### Data supplied
--------------------------------------------------

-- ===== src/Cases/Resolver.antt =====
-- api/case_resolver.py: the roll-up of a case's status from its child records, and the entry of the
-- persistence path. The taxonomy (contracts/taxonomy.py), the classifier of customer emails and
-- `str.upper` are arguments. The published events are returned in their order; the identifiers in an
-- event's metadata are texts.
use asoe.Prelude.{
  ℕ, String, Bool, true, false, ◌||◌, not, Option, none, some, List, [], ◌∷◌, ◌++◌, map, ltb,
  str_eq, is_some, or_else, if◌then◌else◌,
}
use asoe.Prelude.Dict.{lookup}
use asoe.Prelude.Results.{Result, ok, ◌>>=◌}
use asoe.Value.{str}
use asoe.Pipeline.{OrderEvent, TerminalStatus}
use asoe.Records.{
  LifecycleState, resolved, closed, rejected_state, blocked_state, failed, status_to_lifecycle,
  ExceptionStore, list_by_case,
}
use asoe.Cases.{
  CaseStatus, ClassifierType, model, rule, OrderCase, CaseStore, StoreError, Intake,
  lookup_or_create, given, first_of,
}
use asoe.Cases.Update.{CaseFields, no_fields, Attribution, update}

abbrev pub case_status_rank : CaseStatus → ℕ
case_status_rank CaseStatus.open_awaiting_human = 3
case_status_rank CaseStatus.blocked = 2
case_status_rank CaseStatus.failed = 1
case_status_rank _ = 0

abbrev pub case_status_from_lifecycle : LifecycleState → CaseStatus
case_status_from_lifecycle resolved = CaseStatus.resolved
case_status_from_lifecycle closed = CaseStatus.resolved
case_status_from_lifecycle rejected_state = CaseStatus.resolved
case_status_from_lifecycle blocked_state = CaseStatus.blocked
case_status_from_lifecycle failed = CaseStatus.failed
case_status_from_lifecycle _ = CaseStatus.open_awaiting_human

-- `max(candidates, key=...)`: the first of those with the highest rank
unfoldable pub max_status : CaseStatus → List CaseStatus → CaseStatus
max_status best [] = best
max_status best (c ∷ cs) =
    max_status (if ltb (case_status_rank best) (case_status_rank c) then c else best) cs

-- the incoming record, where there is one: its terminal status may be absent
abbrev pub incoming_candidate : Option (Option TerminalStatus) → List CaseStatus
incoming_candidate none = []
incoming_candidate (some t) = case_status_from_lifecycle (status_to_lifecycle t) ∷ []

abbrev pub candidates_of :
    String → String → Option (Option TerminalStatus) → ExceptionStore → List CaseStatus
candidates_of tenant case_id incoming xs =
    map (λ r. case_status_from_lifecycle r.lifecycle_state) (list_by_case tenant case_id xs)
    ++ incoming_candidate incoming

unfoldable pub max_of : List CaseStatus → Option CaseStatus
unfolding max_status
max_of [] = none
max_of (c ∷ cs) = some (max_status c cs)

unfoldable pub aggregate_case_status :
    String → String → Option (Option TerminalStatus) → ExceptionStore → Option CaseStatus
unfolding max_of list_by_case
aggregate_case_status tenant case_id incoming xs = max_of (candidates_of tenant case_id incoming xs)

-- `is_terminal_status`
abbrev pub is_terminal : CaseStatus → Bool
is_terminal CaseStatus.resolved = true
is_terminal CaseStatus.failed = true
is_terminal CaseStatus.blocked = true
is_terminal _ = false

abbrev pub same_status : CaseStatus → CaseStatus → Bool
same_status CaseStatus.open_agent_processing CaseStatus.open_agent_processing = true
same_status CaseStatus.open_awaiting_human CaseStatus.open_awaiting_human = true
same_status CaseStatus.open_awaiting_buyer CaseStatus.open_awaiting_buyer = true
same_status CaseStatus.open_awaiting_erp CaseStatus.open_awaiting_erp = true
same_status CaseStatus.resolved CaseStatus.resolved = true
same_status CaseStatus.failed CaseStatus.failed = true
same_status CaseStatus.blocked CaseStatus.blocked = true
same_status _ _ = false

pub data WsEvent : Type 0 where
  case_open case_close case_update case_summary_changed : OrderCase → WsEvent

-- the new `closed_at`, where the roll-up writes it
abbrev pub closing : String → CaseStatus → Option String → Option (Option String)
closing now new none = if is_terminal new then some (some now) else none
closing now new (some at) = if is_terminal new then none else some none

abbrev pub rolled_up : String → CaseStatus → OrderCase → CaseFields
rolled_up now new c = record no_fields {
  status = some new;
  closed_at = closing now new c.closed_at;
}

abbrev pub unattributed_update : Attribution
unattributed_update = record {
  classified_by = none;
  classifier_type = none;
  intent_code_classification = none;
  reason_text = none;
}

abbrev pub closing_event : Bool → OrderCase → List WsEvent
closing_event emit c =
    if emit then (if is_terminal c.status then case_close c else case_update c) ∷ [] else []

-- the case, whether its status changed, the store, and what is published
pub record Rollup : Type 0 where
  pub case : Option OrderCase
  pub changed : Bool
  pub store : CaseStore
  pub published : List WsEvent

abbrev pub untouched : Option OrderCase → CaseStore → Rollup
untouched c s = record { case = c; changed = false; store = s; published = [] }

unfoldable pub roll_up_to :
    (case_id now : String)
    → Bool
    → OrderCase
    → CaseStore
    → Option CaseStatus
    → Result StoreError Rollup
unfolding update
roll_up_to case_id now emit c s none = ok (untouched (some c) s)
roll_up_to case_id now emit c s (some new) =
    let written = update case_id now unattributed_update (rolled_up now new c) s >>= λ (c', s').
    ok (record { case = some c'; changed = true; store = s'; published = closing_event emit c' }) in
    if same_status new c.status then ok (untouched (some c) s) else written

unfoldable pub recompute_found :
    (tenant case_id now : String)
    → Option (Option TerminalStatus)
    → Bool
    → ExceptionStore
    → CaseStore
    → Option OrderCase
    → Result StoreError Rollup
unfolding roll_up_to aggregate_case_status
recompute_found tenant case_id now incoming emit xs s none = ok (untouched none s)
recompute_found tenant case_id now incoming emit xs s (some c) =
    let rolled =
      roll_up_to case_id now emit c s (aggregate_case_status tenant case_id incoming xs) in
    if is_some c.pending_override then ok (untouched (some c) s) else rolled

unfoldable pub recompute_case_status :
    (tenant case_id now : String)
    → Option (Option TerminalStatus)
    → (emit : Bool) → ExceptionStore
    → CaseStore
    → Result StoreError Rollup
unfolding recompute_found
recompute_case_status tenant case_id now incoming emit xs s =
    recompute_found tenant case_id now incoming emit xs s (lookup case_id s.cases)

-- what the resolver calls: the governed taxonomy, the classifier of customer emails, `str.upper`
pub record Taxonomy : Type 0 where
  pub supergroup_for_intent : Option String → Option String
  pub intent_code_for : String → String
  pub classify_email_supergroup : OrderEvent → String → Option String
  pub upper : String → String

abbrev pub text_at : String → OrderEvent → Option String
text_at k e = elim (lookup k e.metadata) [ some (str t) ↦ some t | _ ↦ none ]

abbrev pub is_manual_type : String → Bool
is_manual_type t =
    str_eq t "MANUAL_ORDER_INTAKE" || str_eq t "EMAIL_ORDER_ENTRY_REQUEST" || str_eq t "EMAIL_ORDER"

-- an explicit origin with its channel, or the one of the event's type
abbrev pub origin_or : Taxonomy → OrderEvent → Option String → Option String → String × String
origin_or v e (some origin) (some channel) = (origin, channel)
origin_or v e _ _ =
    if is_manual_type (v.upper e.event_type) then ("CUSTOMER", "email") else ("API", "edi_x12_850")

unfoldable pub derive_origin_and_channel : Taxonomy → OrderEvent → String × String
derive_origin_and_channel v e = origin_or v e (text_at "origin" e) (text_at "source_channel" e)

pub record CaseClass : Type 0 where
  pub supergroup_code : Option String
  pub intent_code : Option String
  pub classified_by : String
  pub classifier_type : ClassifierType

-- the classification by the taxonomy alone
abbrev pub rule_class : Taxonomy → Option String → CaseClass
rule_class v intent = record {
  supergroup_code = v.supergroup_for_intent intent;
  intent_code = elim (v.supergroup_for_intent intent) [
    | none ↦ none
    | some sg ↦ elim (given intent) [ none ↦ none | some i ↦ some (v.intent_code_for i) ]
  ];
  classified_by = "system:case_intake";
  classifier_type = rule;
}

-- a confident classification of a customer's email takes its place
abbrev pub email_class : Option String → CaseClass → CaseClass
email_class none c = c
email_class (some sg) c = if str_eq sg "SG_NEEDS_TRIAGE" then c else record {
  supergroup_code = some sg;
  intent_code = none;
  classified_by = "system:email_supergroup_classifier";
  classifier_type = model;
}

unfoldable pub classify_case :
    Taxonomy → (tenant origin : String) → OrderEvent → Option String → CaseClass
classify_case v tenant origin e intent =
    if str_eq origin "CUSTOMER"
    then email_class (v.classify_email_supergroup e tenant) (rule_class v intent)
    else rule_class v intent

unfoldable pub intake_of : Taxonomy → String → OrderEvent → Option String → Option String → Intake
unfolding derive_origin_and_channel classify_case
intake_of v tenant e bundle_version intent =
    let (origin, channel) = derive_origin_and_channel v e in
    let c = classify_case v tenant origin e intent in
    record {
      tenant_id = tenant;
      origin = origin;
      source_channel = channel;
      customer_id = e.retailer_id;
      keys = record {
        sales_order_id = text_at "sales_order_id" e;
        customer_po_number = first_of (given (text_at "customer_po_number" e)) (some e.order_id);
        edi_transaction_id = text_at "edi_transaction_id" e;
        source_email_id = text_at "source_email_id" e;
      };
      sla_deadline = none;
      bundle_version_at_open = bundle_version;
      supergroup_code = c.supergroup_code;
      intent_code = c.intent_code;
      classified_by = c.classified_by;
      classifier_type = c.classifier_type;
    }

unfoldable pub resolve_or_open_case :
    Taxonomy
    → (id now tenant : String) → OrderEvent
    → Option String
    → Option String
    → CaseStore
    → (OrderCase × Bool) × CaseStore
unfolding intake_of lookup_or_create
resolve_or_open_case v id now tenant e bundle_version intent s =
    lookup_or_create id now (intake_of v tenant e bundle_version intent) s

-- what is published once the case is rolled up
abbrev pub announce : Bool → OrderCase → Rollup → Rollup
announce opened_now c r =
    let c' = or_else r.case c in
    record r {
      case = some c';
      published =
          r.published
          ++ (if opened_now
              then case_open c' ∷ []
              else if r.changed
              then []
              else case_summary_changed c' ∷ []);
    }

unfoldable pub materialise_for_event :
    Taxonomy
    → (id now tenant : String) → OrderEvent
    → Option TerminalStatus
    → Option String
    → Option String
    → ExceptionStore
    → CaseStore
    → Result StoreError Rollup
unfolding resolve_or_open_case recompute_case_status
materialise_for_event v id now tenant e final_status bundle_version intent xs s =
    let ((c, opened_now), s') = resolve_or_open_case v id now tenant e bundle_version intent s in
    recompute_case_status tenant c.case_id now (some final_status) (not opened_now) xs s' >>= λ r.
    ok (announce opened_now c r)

--------------------------------------------------

### Task requirements
Extract from the listing above the lines between the line containing "keys = record" and the line containing "supergroup_code = c.supergroup_code;", keeping both of those lines. Output nothing else.

### Output of the exercise
      keys = record {
        sales_order_id = text_at "sales_order_id" e;
        customer_po_number = first_of (given (text_at "customer_po_number" e)) (some e.order_id);
        edi_transaction_id = text_at "edi_transaction_id" e;
        source_email_id = text_at "source_email_id" e;
      };
      sla_deadline = none;
      bundle_version_at_open = bundle_version;
      supergroup_code = c.supergroup_code;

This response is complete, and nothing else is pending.